What you should do — Give back every entry below, unchanged.

Data to use START

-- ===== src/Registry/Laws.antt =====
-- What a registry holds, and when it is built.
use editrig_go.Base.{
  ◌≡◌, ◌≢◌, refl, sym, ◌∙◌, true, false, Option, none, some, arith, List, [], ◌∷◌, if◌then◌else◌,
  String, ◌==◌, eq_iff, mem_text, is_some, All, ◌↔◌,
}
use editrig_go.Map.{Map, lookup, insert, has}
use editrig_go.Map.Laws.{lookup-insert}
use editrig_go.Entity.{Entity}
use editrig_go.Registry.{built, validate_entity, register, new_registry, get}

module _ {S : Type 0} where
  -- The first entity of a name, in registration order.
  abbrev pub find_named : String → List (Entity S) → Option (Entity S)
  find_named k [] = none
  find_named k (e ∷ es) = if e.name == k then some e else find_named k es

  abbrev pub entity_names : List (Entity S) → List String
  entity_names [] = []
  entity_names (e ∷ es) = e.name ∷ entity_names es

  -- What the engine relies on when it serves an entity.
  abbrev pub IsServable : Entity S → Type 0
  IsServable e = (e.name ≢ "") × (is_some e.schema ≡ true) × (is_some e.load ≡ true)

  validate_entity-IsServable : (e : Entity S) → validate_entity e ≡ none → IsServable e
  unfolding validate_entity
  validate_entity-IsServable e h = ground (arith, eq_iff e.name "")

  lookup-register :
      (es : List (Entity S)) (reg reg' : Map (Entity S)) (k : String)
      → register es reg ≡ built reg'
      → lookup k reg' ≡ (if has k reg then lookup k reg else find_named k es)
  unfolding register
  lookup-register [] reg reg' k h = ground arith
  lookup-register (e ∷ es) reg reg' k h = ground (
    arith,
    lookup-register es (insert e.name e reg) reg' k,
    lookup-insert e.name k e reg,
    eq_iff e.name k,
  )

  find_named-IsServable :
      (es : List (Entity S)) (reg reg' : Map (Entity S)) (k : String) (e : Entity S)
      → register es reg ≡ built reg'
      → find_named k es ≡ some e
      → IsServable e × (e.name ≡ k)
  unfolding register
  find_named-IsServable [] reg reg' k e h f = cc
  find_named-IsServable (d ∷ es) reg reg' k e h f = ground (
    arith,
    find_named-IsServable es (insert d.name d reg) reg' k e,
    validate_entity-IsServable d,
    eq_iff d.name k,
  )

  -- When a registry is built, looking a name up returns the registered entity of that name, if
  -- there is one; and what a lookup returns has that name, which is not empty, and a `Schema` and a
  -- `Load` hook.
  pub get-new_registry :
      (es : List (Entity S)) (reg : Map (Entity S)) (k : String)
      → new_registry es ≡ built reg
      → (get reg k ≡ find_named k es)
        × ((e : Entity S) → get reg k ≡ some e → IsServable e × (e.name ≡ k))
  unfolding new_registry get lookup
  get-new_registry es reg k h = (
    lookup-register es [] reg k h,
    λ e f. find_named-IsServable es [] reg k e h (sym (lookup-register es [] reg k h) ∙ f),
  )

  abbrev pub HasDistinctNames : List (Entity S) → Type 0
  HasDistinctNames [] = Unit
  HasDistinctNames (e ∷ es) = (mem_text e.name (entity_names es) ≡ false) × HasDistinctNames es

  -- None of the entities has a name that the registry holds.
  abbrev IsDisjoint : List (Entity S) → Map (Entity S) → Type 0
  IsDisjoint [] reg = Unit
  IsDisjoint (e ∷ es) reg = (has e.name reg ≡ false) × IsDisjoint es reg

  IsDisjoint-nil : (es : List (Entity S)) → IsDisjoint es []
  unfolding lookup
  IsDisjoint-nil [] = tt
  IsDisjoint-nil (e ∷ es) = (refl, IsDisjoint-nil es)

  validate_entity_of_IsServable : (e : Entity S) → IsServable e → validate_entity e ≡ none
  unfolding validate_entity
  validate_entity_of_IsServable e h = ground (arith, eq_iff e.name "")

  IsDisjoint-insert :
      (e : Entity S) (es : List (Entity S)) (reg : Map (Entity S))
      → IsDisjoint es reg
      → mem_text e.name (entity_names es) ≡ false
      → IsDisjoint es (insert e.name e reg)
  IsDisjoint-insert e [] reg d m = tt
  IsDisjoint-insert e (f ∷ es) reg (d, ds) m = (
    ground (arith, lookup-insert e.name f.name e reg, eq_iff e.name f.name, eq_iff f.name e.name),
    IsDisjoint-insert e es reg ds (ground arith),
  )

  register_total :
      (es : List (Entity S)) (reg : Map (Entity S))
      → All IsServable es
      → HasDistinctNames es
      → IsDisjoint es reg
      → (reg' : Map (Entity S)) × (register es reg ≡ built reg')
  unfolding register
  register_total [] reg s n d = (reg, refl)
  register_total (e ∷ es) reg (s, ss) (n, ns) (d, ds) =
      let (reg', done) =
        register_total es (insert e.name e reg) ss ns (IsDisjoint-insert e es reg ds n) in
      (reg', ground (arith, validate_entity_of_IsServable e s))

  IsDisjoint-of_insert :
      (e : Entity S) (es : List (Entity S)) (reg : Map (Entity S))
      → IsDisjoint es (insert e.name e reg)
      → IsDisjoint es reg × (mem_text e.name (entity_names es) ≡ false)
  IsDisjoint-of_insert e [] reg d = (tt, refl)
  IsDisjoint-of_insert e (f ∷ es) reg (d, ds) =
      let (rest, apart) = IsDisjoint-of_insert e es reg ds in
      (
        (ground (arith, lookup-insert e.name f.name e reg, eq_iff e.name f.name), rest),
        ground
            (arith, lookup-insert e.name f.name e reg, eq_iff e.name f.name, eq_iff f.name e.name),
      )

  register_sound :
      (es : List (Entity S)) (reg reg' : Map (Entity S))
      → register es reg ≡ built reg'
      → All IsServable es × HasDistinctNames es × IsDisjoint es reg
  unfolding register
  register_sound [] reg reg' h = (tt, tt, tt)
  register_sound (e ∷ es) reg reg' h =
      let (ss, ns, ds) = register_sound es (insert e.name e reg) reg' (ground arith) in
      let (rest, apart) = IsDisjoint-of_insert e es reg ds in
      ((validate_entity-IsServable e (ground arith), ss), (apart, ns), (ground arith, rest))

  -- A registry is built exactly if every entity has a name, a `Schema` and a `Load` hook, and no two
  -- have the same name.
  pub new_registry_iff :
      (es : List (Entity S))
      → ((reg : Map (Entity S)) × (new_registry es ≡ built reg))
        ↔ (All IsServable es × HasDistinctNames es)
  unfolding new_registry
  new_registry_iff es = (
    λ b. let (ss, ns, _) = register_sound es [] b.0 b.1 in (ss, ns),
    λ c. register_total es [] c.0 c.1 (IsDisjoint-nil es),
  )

Data to use END

Response below —
-- ===== src/Registry/Laws.antt =====
-- What a registry holds, and when it is built.
use editrig_go.Base.{
  ◌≡◌, ◌≢◌, refl, sym, ◌∙◌, true, false, Option, none, some, arith, List, [], ◌∷◌, if◌then◌else◌,
  String, ◌==◌, eq_iff, mem_text, is_some, All, ◌↔◌,
}
use editrig_go.Map.{Map, lookup, insert, has}
use editrig_go.Map.Laws.{lookup-insert}
use editrig_go.Entity.{Entity}
use editrig_go.Registry.{built, validate_entity, register, new_registry, get}

module _ {S : Type 0} where
  -- The first entity of a name, in registration order.
  abbrev pub find_named : String → List (Entity S) → Option (Entity S)
  find_named k [] = none
  find_named k (e ∷ es) = if e.name == k then some e else find_named k es

  abbrev pub entity_names : List (Entity S) → List String
  entity_names [] = []
  entity_names (e ∷ es) = e.name ∷ entity_names es

  -- What the engine relies on when it serves an entity.
  abbrev pub IsServable : Entity S → Type 0
  IsServable e = (e.name ≢ "") × (is_some e.schema ≡ true) × (is_some e.load ≡ true)

  validate_entity-IsServable : (e : Entity S) → validate_entity e ≡ none → IsServable e
  unfolding validate_entity
  validate_entity-IsServable e h = ground (arith, eq_iff e.name "")

  lookup-register :
      (es : List (Entity S)) (reg reg' : Map (Entity S)) (k : String)
      → register es reg ≡ built reg'
      → lookup k reg' ≡ (if has k reg then lookup k reg else find_named k es)
  unfolding register
  lookup-register [] reg reg' k h = ground arith
  lookup-register (e ∷ es) reg reg' k h = ground (
    arith,
    lookup-register es (insert e.name e reg) reg' k,
    lookup-insert e.name k e reg,
    eq_iff e.name k,
  )

  find_named-IsServable :
      (es : List (Entity S)) (reg reg' : Map (Entity S)) (k : String) (e : Entity S)
      → register es reg ≡ built reg'
      → find_named k es ≡ some e
      → IsServable e × (e.name ≡ k)
  unfolding register
  find_named-IsServable [] reg reg' k e h f = cc
  find_named-IsServable (d ∷ es) reg reg' k e h f = ground (
    arith,
    find_named-IsServable es (insert d.name d reg) reg' k e,
    validate_entity-IsServable d,
    eq_iff d.name k,
  )

  -- When a registry is built, looking a name up returns the registered entity of that name, if
  -- there is one; and what a lookup returns has that name, which is not empty, and a `Schema` and a
  -- `Load` hook.
  pub get-new_registry :
      (es : List (Entity S)) (reg : Map (Entity S)) (k : String)
      → new_registry es ≡ built reg
      → (get reg k ≡ find_named k es)
        × ((e : Entity S) → get reg k ≡ some e → IsServable e × (e.name ≡ k))
  unfolding new_registry get lookup
  get-new_registry es reg k h = (
    lookup-register es [] reg k h,
    λ e f. find_named-IsServable es [] reg k e h (sym (lookup-register es [] reg k h) ∙ f),
  )

  abbrev pub HasDistinctNames : List (Entity S) → Type 0
  HasDistinctNames [] = Unit
  HasDistinctNames (e ∷ es) = (mem_text e.name (entity_names es) ≡ false) × HasDistinctNames es

  -- None of the entities has a name that the registry holds.
  abbrev IsDisjoint : List (Entity S) → Map (Entity S) → Type 0
  IsDisjoint [] reg = Unit
  IsDisjoint (e ∷ es) reg = (has e.name reg ≡ false) × IsDisjoint es reg

  IsDisjoint-nil : (es : List (Entity S)) → IsDisjoint es []
  unfolding lookup
  IsDisjoint-nil [] = tt
  IsDisjoint-nil (e ∷ es) = (refl, IsDisjoint-nil es)

  validate_entity_of_IsServable : (e : Entity S) → IsServable e → validate_entity e ≡ none
  unfolding validate_entity
  validate_entity_of_IsServable e h = ground (arith, eq_iff e.name "")

  IsDisjoint-insert :
      (e : Entity S) (es : List (Entity S)) (reg : Map (Entity S))
      → IsDisjoint es reg
      → mem_text e.name (entity_names es) ≡ false
      → IsDisjoint es (insert e.name e reg)
  IsDisjoint-insert e [] reg d m = tt
  IsDisjoint-insert e (f ∷ es) reg (d, ds) m = (
    ground (arith, lookup-insert e.name f.name e reg, eq_iff e.name f.name, eq_iff f.name e.name),
    IsDisjoint-insert e es reg ds (ground arith),
  )

  register_total :
      (es : List (Entity S)) (reg : Map (Entity S))
      → All IsServable es
      → HasDistinctNames es
      → IsDisjoint es reg
      → (reg' : Map (Entity S)) × (register es reg ≡ built reg')
  unfolding register
  register_total [] reg s n d = (reg, refl)
  register_total (e ∷ es) reg (s, ss) (n, ns) (d, ds) =
      let (reg', done) =
        register_total es (insert e.name e reg) ss ns (IsDisjoint-insert e es reg ds n) in
      (reg', ground (arith, validate_entity_of_IsServable e s))

  IsDisjoint-of_insert :
      (e : Entity S) (es : List (Entity S)) (reg : Map (Entity S))
      → IsDisjoint es (insert e.name e reg)
      → IsDisjoint es reg × (mem_text e.name (entity_names es) ≡ false)
  IsDisjoint-of_insert e [] reg d = (tt, refl)
  IsDisjoint-of_insert e (f ∷ es) reg (d, ds) =
      let (rest, apart) = IsDisjoint-of_insert e es reg ds in
      (
        (ground (arith, lookup-insert e.name f.name e reg, eq_iff e.name f.name), rest),
        ground
            (arith, lookup-insert e.name f.name e reg, eq_iff e.name f.name, eq_iff f.name e.name),
      )

  register_sound :
      (es : List (Entity S)) (reg reg' : Map (Entity S))
      → register es reg ≡ built reg'
      → All IsServable es × HasDistinctNames es × IsDisjoint es reg
  unfolding register
  register_sound [] reg reg' h = (tt, tt, tt)
  register_sound (e ∷ es) reg reg' h =
      let (ss, ns, ds) = register_sound es (insert e.name e reg) reg' (ground arith) in
      let (rest, apart) = IsDisjoint-of_insert e es reg ds in
      ((validate_entity-IsServable e (ground arith), ss), (apart, ns), (ground arith, rest))

  -- A registry is built exactly if every entity has a name, a `Schema` and a `Load` hook, and no two
  -- have the same name.
  pub new_registry_iff :
      (es : List (Entity S))
      → ((reg : Map (Entity S)) × (new_registry es ≡ built reg))
        ↔ (All IsServable es × HasDistinctNames es)
  unfolding new_registry
  new_registry_iff es = (
    λ b. let (ss, ns, _) = register_sound es [] b.0 b.1 in (ss, ns),
    λ c. register_total es [] c.0 c.1 (IsDisjoint-nil es),
  )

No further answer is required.